### What you have to do
Wherever the string "module" shows up in the material below, copy that line.

<<<<

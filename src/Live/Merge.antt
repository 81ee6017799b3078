-- ===== src/Live/Merge.antt =====
-- src/live/merge.rs: `merge_live`, over any items with a key whose equality is a Boolean test. The
-- newest item of the live buffer is the head of its list.
use allfeat_explorer.Common.{
  ℕ, zero, suc, ◌<◌, ◌≡◌, ◌≢◌, inl, inr, refl, sym, ap, subst, ◌∙◌, Bool, true, false, ◌||◌, List,
  [], ◌∷◌, ◌++◌, arith, length, take, leb, if◌then◌else◌, length-append, append_assoc, append-nil,
  take-all, leb→le, Bool-cases, ||-eq-false, Bytes, All, max,
}
use allfeat_explorer.Common.Members.{DistinctBy}
use allfeat_explorer.Domain.{Block, Transfer, AtsFeedItem}

module _ {A K : Type 0} (eq : K → K → Bool) (dedup_key : A → K) where
  -- `keys.iter().any(|k| k == &key)`
  unfoldable pub seen : K → List K → Bool
  seen key [] = false
  seen key (k ∷ keys) = eq k key || seen key keys

  -- The loop, over the items that are left. The `break` stands behind the push.
  unfoldable pub merge_loop : ℕ → List A → List K → List A → List A
  merge_loop limit [] keys out = out
  merge_loop limit (item ∷ items) keys out =
      let skipped = merge_loop limit items keys out in
      let pushed = out ++ item ∷ [] in
      let rest = merge_loop limit items (keys ++ dedup_key item ∷ []) pushed in
      if seen (dedup_key item) keys
      then skipped
      else if leb limit (length pushed)
      then pushed
      else rest

  unfoldable pub merge_live : List A → List A → ℕ → List A
  merge_live live initial limit = merge_loop limit (live ++ initial) [] []

  -- The first item of each key, of the keys that are new.
  unfoldable pub firsts : List A → List K → List A
  firsts [] keys = []
  firsts (item ∷ items) keys =
      let skipped = firsts items keys in
      let rest = firsts items (keys ++ dedup_key item ∷ []) in
      if seen (dedup_key item) keys then skipped else item ∷ rest

  take-front : (xs ys : List A) (n : ℕ) → length xs ≡ n → take n (xs ++ ys) ≡ xs
  take-front [] ys n h = rw (sym h) refl
  take-front (x ∷ xs) ys n h = rw (sym h) (ap (◌∷◌ x) (take-front xs ys (length xs) refl))

  merge_loop-firsts :
      (limit : ℕ) (items : List A) (keys : List K) (out : List A)
      → length out < max limit 1
      → merge_loop limit items keys out ≡ take (max limit 1) (out ++ firsts items keys)
  unfolding merge_loop firsts
  merge_loop-firsts limit [] keys out h =
      sym
        (take-all (max limit 1) (out ++ []) (omega (arith, length-append out [])) ∙ append-nil out)
  merge_loop-firsts limit (item ∷ items) keys out h =
      elim (Bool-cases (seen (dedup_key item) keys)) [
        | inl s ↦ ground (arith, merge_loop-firsts limit items keys out h)
        | inr s ↦ elim (Bool-cases (leb limit (length (out ++ item ∷ [])))) [
          | inl l ↦ ground (
            arith,
            take-front (out ++ item ∷ []) (firsts items (keys ++ dedup_key item ∷ [])) (max limit 1)
                (omega (
                  arith,
                  length-append out (item ∷ []),
                  leb→le limit (length (out ++ item ∷ [])) l,
                )),
            append_assoc out (item ∷ []) (firsts items (keys ++ dedup_key item ∷ [])),
          )
          | inr l ↦ ground (
            arith,
            merge_loop-firsts limit items (keys ++ dedup_key item ∷ []) (out ++ item ∷ [])
                (pushed-fits l),
            append_assoc out (item ∷ []) (firsts items (keys ++ dedup_key item ∷ [])),
          )
        ]
      ]
    where
      pushed-fits :
          leb limit (length (out ++ item ∷ [])) ≡ false → length (out ++ item ∷ []) < max limit 1
      pushed-fits l = ground arith

  -- The merged list is the first `limit` of the first items of each key, live items before initial
  -- ones; a limit of zero gives one item, like a limit of one.
  pub merge_live-firsts :
      (live initial : List A) (limit : ℕ)
      → merge_live live initial limit ≡ take (max limit 1) (firsts (live ++ initial) [])
  unfolding merge_live
  merge_live-firsts live initial limit =
      merge_loop-firsts limit (live ++ initial) [] [] (omega arith)

  seen-append :
      (key last : K) (keys : List K) → seen key (keys ++ last ∷ []) ≡ (seen key keys || eq last key)
  unfolding seen
  seen-append key last [] = ground arith
  seen-append key last (k ∷ keys) = ground (arith, seen-append key last keys)

  seen-before :
      (key last : K) (keys : List K)
      → seen key (keys ++ last ∷ []) ≡ false
      → (seen key keys ≡ false) × (eq last key ≡ false)
  seen-before key last keys h =
      ||-eq-false (seen key keys) (eq last key) (sym (seen-append key last keys) ∙ h)

  All-map : {P Q : A → Type 0} → ((x : A) → P x → Q x) → (xs : List A) → All P xs → All Q xs
  All-map f [] h = tt
  All-map f (x ∷ xs) (h, hs) = (f x h, All-map f xs hs)

  All-take : (P : A → Type 0) (n : ℕ) (xs : List A) → All P xs → All P (take n xs)
  All-take P zero xs h = tt
  All-take P (suc n) [] h = tt
  All-take P (suc n) (x ∷ xs) (h, hs) = (h, All-take P n xs hs)

  DistinctBy-take :
      (n : ℕ) (xs : List A) → DistinctBy dedup_key xs → DistinctBy dedup_key (take n xs)
  DistinctBy-take zero xs d = tt
  DistinctBy-take (suc n) [] d = tt
  DistinctBy-take (suc n) (x ∷ xs) (h, d) =
      (All-take (λ y. dedup_key y ≢ dedup_key x) n xs h, DistinctBy-take n xs d)

  firsts-cons :
      (item : A) (items : List A) (keys : List K)
      → seen (dedup_key item) keys ≡ false
      → firsts (item ∷ items) keys ≡ item ∷ firsts items (keys ++ dedup_key item ∷ [])
  unfolding firsts
  firsts-cons item items keys h = ground arith

  firsts-skip :
      (item : A) (items : List A) (keys : List K)
      → seen (dedup_key item) keys ≡ true
      → firsts (item ∷ items) keys ≡ firsts items keys
  unfolding firsts
  firsts-skip item items keys h = ground arith

  firsts-new :
      (items : List A) (keys : List K)
      → All (λ x. seen (dedup_key x) keys ≡ false) (firsts items keys)
  unfolding firsts
  firsts-new [] keys = tt
  firsts-new (item ∷ items) keys = elim (Bool-cases (seen (dedup_key item) keys)) [
    | inl s ↦
        subst (All (λ x. seen (dedup_key x) keys ≡ false)) (sym (firsts-skip item items keys s))
          (firsts-new items keys)
    | inr s ↦
        subst (All (λ x. seen (dedup_key x) keys ≡ false)) (sym (firsts-cons item items keys s)) (
          s,
          All-map (λ x h. (seen-before (dedup_key x) (dedup_key item) keys h).0)
              (firsts items (keys ++ dedup_key item ∷ []))
              (firsts-new items (keys ++ dedup_key item ∷ [])),
        )
  ]

  module _ (eq_refl : (k : K) → eq k k ≡ true) where
    differs : (a b : K) → eq a b ≡ false → b ≢ a
    differs a b h e = absurd (clash (sym (subst (λ k. eq a k ≡ true) (sym e) (eq_refl a)) ∙ h))
      where
        clash : true ≡ false → ⊥
        clash c = cc

    firsts-DistinctBy : (items : List A) (keys : List K) → DistinctBy dedup_key (firsts items keys)
    unfolding firsts
    firsts-DistinctBy [] keys = tt
    firsts-DistinctBy (item ∷ items) keys = elim (Bool-cases (seen (dedup_key item) keys)) [
      | inl s ↦
          subst (DistinctBy dedup_key) (sym (firsts-skip item items keys s))
            (firsts-DistinctBy items keys)
      | inr s ↦ subst (DistinctBy dedup_key) (sym (firsts-cons item items keys s)) (
        All-map
            (λ x h.
              differs (dedup_key item) (dedup_key x)
                (seen-before (dedup_key x) (dedup_key item) keys h).1)
            (firsts items (keys ++ dedup_key item ∷ []))
            (firsts-new items (keys ++ dedup_key item ∷ [])),
        firsts-DistinctBy items (keys ++ dedup_key item ∷ []),
      )
    ]

    -- No two items of the merged list have one key, where the test holds of equal keys.
    pub merge_live-DistinctBy :
        (live initial : List A) (limit : ℕ) → DistinctBy dedup_key (merge_live live initial limit)
    merge_live-DistinctBy live initial limit =
        subst (DistinctBy dedup_key) (sym (merge_live-firsts live initial limit)) (
          DistinctBy-take (max limit 1) (firsts (live ++ initial) [])
            (firsts-DistinctBy (live ++ initial) []))

-- The keys of the streamed items.
abbrev pub block_key : Block → ℕ
block_key b = b.number

abbrev pub transfer_key : Transfer → Bytes
transfer_key t = t.extrinsic.id

abbrev pub feed_key : AtsFeedItem → ℕ × ℕ
feed_key f = (f.ats_id, f.version_index)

>>>>

### Final answer
module _ {A K : Type 0} (eq : K → K → Bool) (dedup_key : A → K) where
  module _ (eq_refl : (k : K) → eq k k ≡ true) where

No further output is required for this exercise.